Give again the lines of the data from its first line through the line with "pub data QuotaError : Type 0 where". Change nothing.

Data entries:
·····
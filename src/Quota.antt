-- ===== src/Quota.antt =====
-- internal/auth/quota.go: the requests-per-minute limit and the monthly budget of each key.
-- Times are nanoseconds. Amounts of money are whole numbers of one small unit. What the usage log
-- answers to `KeySpend` is an argument, `none` for an error. `none` in place of a quota is the nil
-- pointer.
pub mod Sliding
pub mod Rate
pub mod Budget
use zealish_router.Base.{
  ℕ, ◌+◌, ◌-◌, String, Bool, true, false, ◌&&◌, ◌||◌, Option, none, some, List, [], ◌∷◌, ◌++◌, ltb,
  leb, if◌then◌else◌, Dict, lookup, insert, delete, ℤ, pos_part, length, str_eq,
}

pub data QuotaError : Type 0 where
  rate_limited budget_exceeded : QuotaError

-- 30 seconds.
abbrev pub spend_ttl : ℕ
spend_ttl = 30_000_000_000

abbrev pub minute : ℕ
minute = 60_000_000_000

pub record Spend : Type 0 where
  pub usd : ℕ
  pub refreshed : ℕ

-- A window is its list of hits, oldest first.
pub record Quota : Type 0 where
  pub has_usage : Bool
  pub windows : Dict (List ℕ)
  pub spending : Dict Spend

pub record Identity : Type 0 where
  pub key_id : String
  pub rate_limit_per_min : ℤ
  pub monthly_budget : ℕ

-- What the clock shows when a request takes its slot, and when its key's spend is asked for.
pub record Readings : Type 0 where
  pub slot_at : ℕ
  pub spend_at : ℕ

unfoldable pub new_quota : Bool → Quota
new_quota has_usage = record { has_usage = has_usage; windows = []; spending = [] }

unfoldable pub hits_of : String → Quota → List ℕ
hits_of key q = elim (lookup key q.windows) [ none ↦ [] | some hits ↦ hits ]

-- The loop over the expired prefix: a hit has expired if it is not after `now - minute`.
unfoldable pub drop_expired : ℕ → List ℕ → List ℕ
drop_expired now [] = []
drop_expired now (h ∷ hs) = if leb (h + minute) now then drop_expired now hs else h ∷ hs

unfoldable pub take_slot : ℕ → String → ℕ → Quota → (Bool × ℕ) × Quota
take_slot now key limit q =
    let live = drop_expired now (hits_of key q) in
    if leb limit (length live)
    then ((false, 0), record q { windows = insert key live q.windows })
    else let hits = live ++ now ∷ [] in
      ((true, limit - length hits), record q { windows = insert key hits q.windows })

-- The read-through of the spend; `answer` is what the usage log says if it is asked.
unfoldable pub read_spend : ℕ → String → Option ℕ → Quota → ℕ × Quota
read_spend now key none q = (0, q)
read_spend now key (some usd) q =
    (usd, record q { spending = insert key (record { usd = usd; refreshed = now }) q.spending })

unfoldable pub spent_this_month : ℕ → String → Option ℕ → Quota → ℕ × Quota
spent_this_month now key answer q = elim (lookup key q.spending) [
  | none ↦ read_spend now key answer q
  | some cached ↦
      if ltb now (cached.refreshed + spend_ttl)
      then (cached.usd, q)
      else read_spend now key answer q
]

abbrev pub is_unmetered : Identity → Bool
is_unmetered id = str_eq id.key_id "" || (str_eq id.key_id "static" || str_eq id.key_id "anonymous")

-- The budget test that ends `Allow`.
unfoldable pub check_budget : ℕ → Identity → Option ℕ → ℕ → Quota → (ℕ × Option QuotaError) × Quota
check_budget now id answer remaining q =
    if ltb 0 id.monthly_budget && q.has_usage
    then (let (spent, q') = spent_this_month now id.key_id answer q in
        ((remaining, if leb id.monthly_budget spent then some budget_exceeded else none), q'))
    else ((remaining, none), q)

unfoldable pub allow_metered :
    Readings → Identity → Option ℕ → Quota → (ℕ × Option QuotaError) × Quota
allow_metered clock id answer q =
    if ltb 0 (pos_part id.rate_limit_per_min)
    then (let ((allowed, left), q') =
          take_slot clock.slot_at id.key_id (pos_part id.rate_limit_per_min) q in
        if allowed
        then check_budget clock.spend_at id answer left q'
        else ((0, some rate_limited), q'))
    else check_budget clock.spend_at id answer 0 q

unfoldable pub allow :
    Readings → Identity → Option ℕ → Option Quota → (ℕ × Option QuotaError) × Option Quota
allow clock id answer none = ((0, none), none)
allow clock id answer (some q) =
    if is_unmetered id
    then ((0, none), some q)
    else (let (r, q') = allow_metered clock id answer q in (r, some q'))

unfoldable pub forget : String → Quota → Quota
forget key q = record q { windows = delete key q.windows; spending = delete key q.spending }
·····
Answer to this exercise:
filename src/Quota.antt
-- ===== src/Quota.antt =====
-- internal/auth/quota.go: the requests-per-minute limit and the monthly budget of each key.
-- Times are nanoseconds. Amounts of money are whole numbers of one small unit. What the usage log
-- answers to `KeySpend` is an argument, `none` for an error. `none` in place of a quota is the nil
-- pointer.
pub mod Sliding
pub mod Rate
pub mod Budget
use zealish_router.Base.{
  ℕ, ◌+◌, ◌-◌, String, Bool, true, false, ◌&&◌, ◌||◌, Option, none, some, List, [], ◌∷◌, ◌++◌, ltb,
  leb, if◌then◌else◌, Dict, lookup, insert, delete, ℤ, pos_part, length, str_eq,
}

pub data QuotaError : Type 0 where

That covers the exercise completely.